Sleep Apnea Symptoms
The most common symptom of sleep apnea is snoring. However, it does not necessarily mean that when people snore, they already have the sleeping disorder. When snoring is followed by breathing pauses and gasping sounds, it can be a sign of sleep apnea. Below is a list of the symptoms that may be helpful in diagnosing the disorder:
- loud snoring (mostly in obstructive sleep apnea)
- pauses in breathing
- morning headaches
- excessive sleepiness at daytime or fatigue
- mood changes and decreased sexual desire
- lack of focus
- abrupt awakening followed by a shortness of the breath (indicating CSA)
Sleep Apnea Treatment
Your doctor will go through your symptoms, which often involve overnight monitoring to check for breathing patterns and other body functions while you are sleeping. Nocturnal polysomnography is a test for the diagnosis of sleep apnea, where the doctor monitors a person's heart, lung, brain activities, blood oxygen levels, breathing patterns, as well as arm and leg movements.
Your doctor may also provide you with simple tests, which you can bring home to diagnose the problem. These tests usually involve measuring your heart rate, blood oxygen level, and breathing patterns. In case any abnormality is seen in the results, your doctor shall carry on with the treatment process.
The therapies for treating sleep apnea include:
- Continuous positive airway pressure (CPAP) - A moderate obstructive sleep apnea can be treated with the help of a mask placed on your nose, which helps in keeping the air passage open and prevents snoring and apnea. Although CPAP is the most common way of treating moderate levels of the disorder, you might also try the expiratory positive airway pressure (EPAP) and other airway pressure devices including bilevel positive airway pressure (BiPAP) and auto-CPAP.

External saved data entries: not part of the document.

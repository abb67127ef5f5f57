-- ===== src/Resume.antt =====
-- src/resume/: what a resumed run does next with each batch.
pub mod Reconciliation
pub mod Planning
pub mod Policy
pub mod Inspection
pub mod Summary
pub mod StateLoad
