-- ===== src/Resume/Inspection.antt =====
-- src/resume/inspection.rs: a report on the failed batches, which changes nothing.
use vibe_caravan.Prelude.{
  ℕ, ◌≡◌, refl, ap, Bool, true, false, ◌&&◌, not, Option, none, some, List, [], ◌∷◌, map, Text,
  FilePath, select, length, All,
}
use vibe_caravan.Error.{Result, ok, err, CaravanError, Arg, message, ◌>>=◌}
use vibe_caravan.Platform.{MetadataOf}
use vibe_caravan.Models.Batch.{Batch, BatchPhase, BatchState}
use vibe_caravan.Models.State.{MigrationState, batch_ids, materialize_planned_batch}
use vibe_caravan.Resume.Reconciliation.{ReconciliationResult, reconcile_batch_destination}

pub record FailedBatchInspection : Type 0 where
  pub batch_id : Text
  pub all_destination_files_ready : Bool
  pub missing_in_destination : List FilePath
  pub size_mismatches : List FilePath

pub record FailedBatchInspectionReport : Type 0 where
  pub failed_batch_count : ℕ
  pub failed_batches : List FailedBatchInspection

abbrev pub is_failed : BatchPhase → Bool
is_failed BatchPhase.failed = true
is_failed _ = false

-- `batch.phase == BatchPhase::Failed && !batch.deleted`.
abbrev pub failed_and_kept : BatchState → Bool
failed_and_kept b = is_failed b.phase && not b.deleted

abbrev pub manifest_or_error : Option Batch → Text → Result Batch
manifest_or_error none id = err (
    CaravanError.state_corrupt (
      message "missing immutable batch manifest for {}; cannot inspect failed batch safely"
        (Arg.word id ∷ [])))
manifest_or_error (some b) id = ok b

abbrev inspection : Text → ReconciliationResult → FailedBatchInspection
inspection id r = record {
  batch_id = id;
  all_destination_files_ready = r.all_destination_files_ready;
  missing_in_destination = r.missing_in_destination;
  size_mismatches = r.size_mismatches;
}

unfoldable pub inspect_ids :
    MetadataOf → MigrationState → FilePath → List Text → Result (List FailedBatchInspection)
inspect_ids metadata state dest_root [] = ok []
inspect_ids metadata state dest_root (id ∷ ids) = do
  batch ← manifest_or_error (materialize_planned_batch state id) id
  rest ← inspect_ids metadata state dest_root ids
  ok (inspection id (reconcile_batch_destination metadata batch dest_root) ∷ rest)

unfoldable pub inspect_failed_batches :
    MetadataOf → MigrationState → FilePath → Result FailedBatchInspectionReport
unfolding inspect_ids
inspect_failed_batches metadata state dest_root = do
  found ← inspect_ids metadata state dest_root (batch_ids (select failed_and_kept state.batches))
  ok (record { failed_batch_count = length found; failed_batches = found })

inspect_ids-total :
    (metadata : MetadataOf) (s : MigrationState) (dest : FilePath) (ids : List Text)
    → All (λ id. (b : Batch) × (materialize_planned_batch s id ≡ some b)) ids
    → (found : List FailedBatchInspection) × (inspect_ids metadata s dest ids ≡ ok found)
      × (map (λ i. i.batch_id) found ≡ ids)
unfolding inspect_ids
inspect_ids-total metadata s dest [] h = ([], refl, refl)
inspect_ids-total metadata s dest (id ∷ ids) h =
    let (b, e) = h.0 in
    let (found, f, g) = inspect_ids-total metadata s dest ids h.1 in
    (
      inspection id (reconcile_batch_destination metadata b dest) ∷ found,
      rw (e, f) refl,
      ap (λ l. id ∷ l) g,
    )

-- Where every failed batch that is not deleted has its manifest, the report succeeds. It has one
-- entry for each of them, in the order of the state, and counts them.
pub inspect_failed_batches-total :
    (metadata : MetadataOf) (s : MigrationState) (dest : FilePath)
    → All
        (λ id. (b : Batch) × (materialize_planned_batch s id ≡ some b))
        (batch_ids (select failed_and_kept s.batches))
    → (r : FailedBatchInspectionReport) × (inspect_failed_batches metadata s dest ≡ ok r)
      × (map (λ i. i.batch_id) r.failed_batches ≡ batch_ids (select failed_and_kept s.batches))
      × (r.failed_batch_count ≡ length r.failed_batches)
unfolding inspect_failed_batches
inspect_failed_batches-total metadata s dest h =
    let (found, f, g) =
      inspect_ids-total metadata s dest (batch_ids (select failed_and_kept s.batches)) h in
    (record { failed_batch_count = length found; failed_batches = found }, rw f refl, g, refl)
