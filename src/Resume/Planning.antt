-- ===== src/Resume/Planning.antt =====
-- src/resume/planning.rs: the next step for a batch, from its persisted phase and from what is at
-- the destination.
use vibe_caravan.Prelude.{
  ◌≡◌, ◌↔◌, ◌⊎◌, refl, Bool, true, false, not, List, [], ◌∷◌, arith, String, is_empty,
  if◌then◌else◌,
}
use vibe_caravan.Error.{Message, Arg, message}
use vibe_caravan.Models.Batch.{Batch, BatchPhase, BatchState}
use vibe_caravan.Resume.Reconciliation.{ReconciliationResult}

pub data ResumeStepPlan : Type 0 where
  copy_batch verify_batch pending_delete_approval delete_source post_delete_snapshot
        batch_fully_completed :
      ResumeStepPlan
  conflict_operator_review : Message → ResumeStepPlan
  blocked_failed_verification : ResumeStepPlan

-- A message that shows both lists of the reconciliation.
abbrev review : String → ReconciliationResult → ResumeStepPlan
review template recon =
    ResumeStepPlan.conflict_operator_review (message template (reconciliation_args recon))
  where
    reconciliation_args : ReconciliationResult → List Arg
    reconciliation_args r = Arg.paths r.missing_in_destination ∷ Arg.paths r.size_mismatches ∷ []

abbrev plan_failed : Bool → ReconciliationResult → ResumeStepPlan
plan_failed false recon =
    review
      "batch is marked failed; operator review required (missing_in_destination={:?}; size_mismatches={:?})"
      recon
plan_failed true recon =
    if recon.all_destination_files_ready
    then ResumeStepPlan.verify_batch
    else if not (is_empty recon.size_mismatches)
    then review
        "failed-batch recovery blocked due to destination size mismatches (missing_in_destination={:?}; size_mismatches={:?})"
        recon
    else ResumeStepPlan.copy_batch

abbrev plan_verified : BatchState → ResumeStepPlan
plan_verified b =
    if not b.verification_passed
    then ResumeStepPlan.blocked_failed_verification
    else if not b.approved_for_delete
    then ResumeStepPlan.pending_delete_approval
    else if b.deleted
    then ResumeStepPlan.post_delete_snapshot
    else ResumeStepPlan.delete_source

abbrev plan_approved : BatchState → ResumeStepPlan
plan_approved b =
    if not b.verification_passed
    then ResumeStepPlan.blocked_failed_verification
    else if b.deleted
    then ResumeStepPlan.post_delete_snapshot
    else ResumeStepPlan.delete_source

abbrev plan_phase : BatchPhase → BatchState → ReconciliationResult → Bool → ResumeStepPlan
plan_phase BatchPhase.failed b recon allow_failed_recovery = plan_failed allow_failed_recovery recon
plan_phase BatchPhase.planned b recon allow_failed_recovery = ResumeStepPlan.copy_batch
plan_phase BatchPhase.copy_started b recon allow_failed_recovery =
    if recon.all_destination_files_ready
    then ResumeStepPlan.verify_batch
    else ResumeStepPlan.copy_batch
plan_phase BatchPhase.copy_completed b recon allow_failed_recovery =
    if recon.all_destination_files_ready
    then ResumeStepPlan.verify_batch
    else review
        "state says copy completed but destination is incomplete: missing {:?}, size mismatches {:?}"
        recon
plan_phase BatchPhase.verify_completed b recon allow_failed_recovery = plan_verified b
plan_phase BatchPhase.approved_for_delete b recon allow_failed_recovery = plan_approved b
plan_phase BatchPhase.delete_completed b recon allow_failed_recovery =
    ResumeStepPlan.post_delete_snapshot
plan_phase BatchPhase.snapshot_completed b recon allow_failed_recovery =
    ResumeStepPlan.batch_fully_completed

-- The batch itself is not read.
unfoldable pub plan_resume_step_with_recovery :
    BatchState → ReconciliationResult → Batch → Bool → ResumeStepPlan
plan_resume_step_with_recovery b recon batch allow_failed_recovery =
    plan_phase b.phase b recon allow_failed_recovery

unfoldable pub plan_resume_step : BatchState → ReconciliationResult → Batch → ResumeStepPlan
unfolding plan_resume_step_with_recovery
plan_resume_step b recon batch = plan_resume_step_with_recovery b recon batch false

-- A batch whose source may be deleted next.
pub record MayDelete (b : BatchState) : Type 0 where
  pub verified : b.verification_passed ≡ true
  pub kept : b.deleted ≡ false
  pub approved :
      ((b.phase ≡ BatchPhase.verify_completed) × (b.approved_for_delete ≡ true))
      ⊎ (b.phase ≡ BatchPhase.approved_for_delete)

delete_source-phase :
    (ph : BatchPhase) (b : BatchState) (r : ReconciliationResult) (allow : Bool)
    → b.phase ≡ ph
    → plan_phase ph b r allow ≡ ResumeStepPlan.delete_source
    → MayDelete b
delete_source-phase BatchPhase.failed b r allow e h = absurd (ground arith)
delete_source-phase _ b r allow e h = ground arith

MayDelete-phase :
    (ph : BatchPhase) (b : BatchState) (r : ReconciliationResult) (allow : Bool)
    → b.phase ≡ ph
    → MayDelete b
    → plan_phase ph b r allow ≡ ResumeStepPlan.delete_source
MayDelete-phase BatchPhase.failed b r allow e m = ground (arith, m.verified, m.kept, m.approved)
MayDelete-phase _ b r allow e m = ground (arith, m.verified, m.kept, m.approved)

-- Deletion of the source is the next step exactly for a batch that is verified, not yet deleted,
-- and approved: by its flag after verification, or by its phase. What is at the destination and
-- the recovery flag have no part in it.
pub plan_resume_step-delete_iff :
    (b : BatchState) (r : ReconciliationResult) (batch : Batch) (allow : Bool)
    → (plan_resume_step_with_recovery b r batch allow ≡ ResumeStepPlan.delete_source) ↔ MayDelete b
unfolding plan_resume_step_with_recovery
plan_resume_step-delete_iff b r batch allow = (
  λ h. delete_source-phase b.phase b r allow refl h,
  λ m. MayDelete-phase b.phase b r allow refl m,
)

-- Phases in which a batch has been copied in full.
abbrev pub is_copied : BatchPhase → Bool
is_copied BatchPhase.copy_completed = true
is_copied BatchPhase.verify_completed = true
is_copied BatchPhase.approved_for_delete = true
is_copied BatchPhase.delete_completed = true
is_copied BatchPhase.snapshot_completed = true
is_copied _ = false

copy_batch-phase :
    (ph : BatchPhase) (b : BatchState) (r : ReconciliationResult) (allow : Bool)
    → plan_phase ph b r allow ≡ ResumeStepPlan.copy_batch
    → (is_copied ph ≡ false)
      × ((ph ≡ BatchPhase.planned) ⊎ (r.all_destination_files_ready ≡ false))
      × (ph ≡ BatchPhase.failed → (allow ≡ true) × (is_empty r.size_mismatches ≡ true))
copy_batch-phase BatchPhase.failed b r allow h = ground arith
copy_batch-phase _ b r allow h = ground arith

-- A batch is copied again only if it is not recorded as copied and, unless it is merely planned,
-- the destination is not ready; and a failed batch only if recovery is allowed and no file of
-- another size would be overwritten.
pub plan_resume_step-copy :
    (b : BatchState) (r : ReconciliationResult) (batch : Batch) (allow : Bool)
    → plan_resume_step_with_recovery b r batch allow ≡ ResumeStepPlan.copy_batch
    → (is_copied b.phase ≡ false)
      × ((b.phase ≡ BatchPhase.planned) ⊎ (r.all_destination_files_ready ≡ false))
      × (b.phase ≡ BatchPhase.failed → (allow ≡ true) × (is_empty r.size_mismatches ≡ true))
unfolding plan_resume_step_with_recovery
plan_resume_step-copy b r batch allow h = copy_batch-phase b.phase b r allow h
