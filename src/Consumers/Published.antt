-- ===== src/Consumers/Published.antt =====
-- Which messages are published, and what is counted.
use mathlib.Core.List.{append-nil, append_assoc}
use greenwave.Prelude.{
  String, ◌≡◌, refl, sym, ap, ◌∙◌, Bool, true, false, List, [], ◌∷◌, ◌++◌, Option, none, some,
  arith,
}
use greenwave.Outcome.{Result, ok, raise}
use greenwave.Json.{Object}
use greenwave.Subject.{Subject}
use greenwave.Policy.Matching.Pairs.{Pair}
use greenwave.Consumers.{
  is_decision_unchanged, Environment, Delivery, sent, rejected, not_connected, failed, Effects,
  Outcome, after_delivery, publish_update, old_and_new_decisions, update_message, after_comparison,
  after_decisions, turn, then_continue, count, decision_changed, publish_changes,
}

module _ (environment : Environment) (submit_time : String) (s : Subject)
    (testcase : Option String) where
  -- The message about one pair: there is one if both decisions were made and differ.
  abbrev pub changed : Pair → Result Bool → Object → Object → List Object
  changed pair (ok false) old new = update_message s testcase pair old new ∷ []
  changed pair _ old new = []

  abbrev pub message_of : Pair → Result (Option (Object × Object)) → List Object
  message_of pair (ok (some (old, new))) =
      changed pair (is_decision_unchanged (some old) (some new)) old new
  message_of pair _ = []

  abbrev pub messages_of : List Pair → List Object
  messages_of [] = []
  messages_of (pair ∷ rest) =
      message_of pair (old_and_new_decisions environment submit_time pair) ++ messages_of rest

  pub publish_update-published :
      (message : Object) (effects : Effects)
      → (publish_update environment message effects).published ≡ effects.published ++ message ∷ []
  unfolding publish_update
  publish_update-published message effects = by_delivery (environment.publish message)
    where
      by_delivery :
          (d : Delivery)
          → (after_delivery d
              (record effects { published = effects.published ++ message ∷ [] })).published
            ≡ effects.published ++ message ∷ []
      by_delivery sent = refl
      by_delivery rejected = refl
      by_delivery not_connected = refl
      by_delivery failed = refl

  after_comparison-published :
      (pair : Pair) (old new : Object) (unchanged : Result Bool) (effects : Effects)
      → (after_comparison environment submit_time s testcase pair old new unchanged
          effects).0.published
        ≡ effects.published ++ changed pair unchanged old new
  unfolding after_comparison
  after_comparison-published pair old new (raise e) effects = sym (append-nil effects.published)
  after_comparison-published pair old new (ok true) effects = sym (append-nil effects.published)
  after_comparison-published pair old new (ok false) effects =
      publish_update-published (update_message s testcase pair old new)
        (count (decision_changed pair.0) effects)

  after_decisions-published :
      (pair : Pair) (decisions : Result (Option (Object × Object))) (effects : Effects)
      → (after_decisions environment submit_time s testcase pair decisions effects).0.published
        ≡ effects.published ++ message_of pair decisions
  unfolding after_decisions
  after_decisions-published pair (raise e) effects = sym (append-nil effects.published)
  after_decisions-published pair (ok none) effects = sym (append-nil effects.published)
  after_decisions-published pair (ok (some (old, new))) effects =
      after_comparison-published pair old new (is_decision_unchanged (some old) (some new)) effects

  then_continue-published :
      (f : Effects → Outcome) (before messages later : List Object) (out : Outcome)
      → out.0.published ≡ before ++ messages
      → ((effects : Effects)
          → (f effects).1 ≡ none
          → (f effects).0.published ≡ effects.published ++ later)
      → (then_continue environment submit_time s testcase f out).1 ≡ none
      → (then_continue environment submit_time s testcase f out).0.published
        ≡ before ++ (messages ++ later)
  then_continue-published f before messages later (effects, some e) now next done =
      absurd (ground arith)
  then_continue-published f before messages later (effects, none) now next done =
      next effects done ∙ ap (λ xs. xs ++ later) now ∙ append_assoc before messages later

  -- If no exception ends the loop, it publishes the messages about the pairs whose decisions
  -- changed, in the order of the pairs, and no others.
  pub publish_changes-messages_of :
      (pairs : List Pair) (effects : Effects)
      → (publish_changes environment submit_time s testcase pairs effects).1 ≡ none
      → (publish_changes environment submit_time s testcase pairs effects).0.published
        ≡ effects.published ++ messages_of pairs
  unfolding publish_changes turn
  publish_changes-messages_of [] effects done = sym (append-nil effects.published)
  publish_changes-messages_of (pair ∷ rest) effects done =
      then_continue-published (publish_changes environment submit_time s testcase rest)
        effects.published (message_of pair (old_and_new_decisions environment submit_time pair))
        (messages_of rest) (turn environment submit_time s testcase pair effects)
        (after_decisions-published pair (old_and_new_decisions environment submit_time pair)
          effects)
        (λ effects' done'. publish_changes-messages_of rest effects' done') done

- Surgery - When the use of the device is not working well, surgery can be done to enlarge the airway through the nose or throat. The surgical options include the removal of tissues from the top of the throat and rear of the mouth. The aim here is to remove the structures that lead to vibration along the air passage, causing the obstruction of breathing. Other surgeries include the repositioning of jaw forward from the remainder of the facial bones.
- Supplemental oxygen - People suffering from central sleep apnea can be treated by delivering supplemental oxygen to their lungs, which will help them breathe.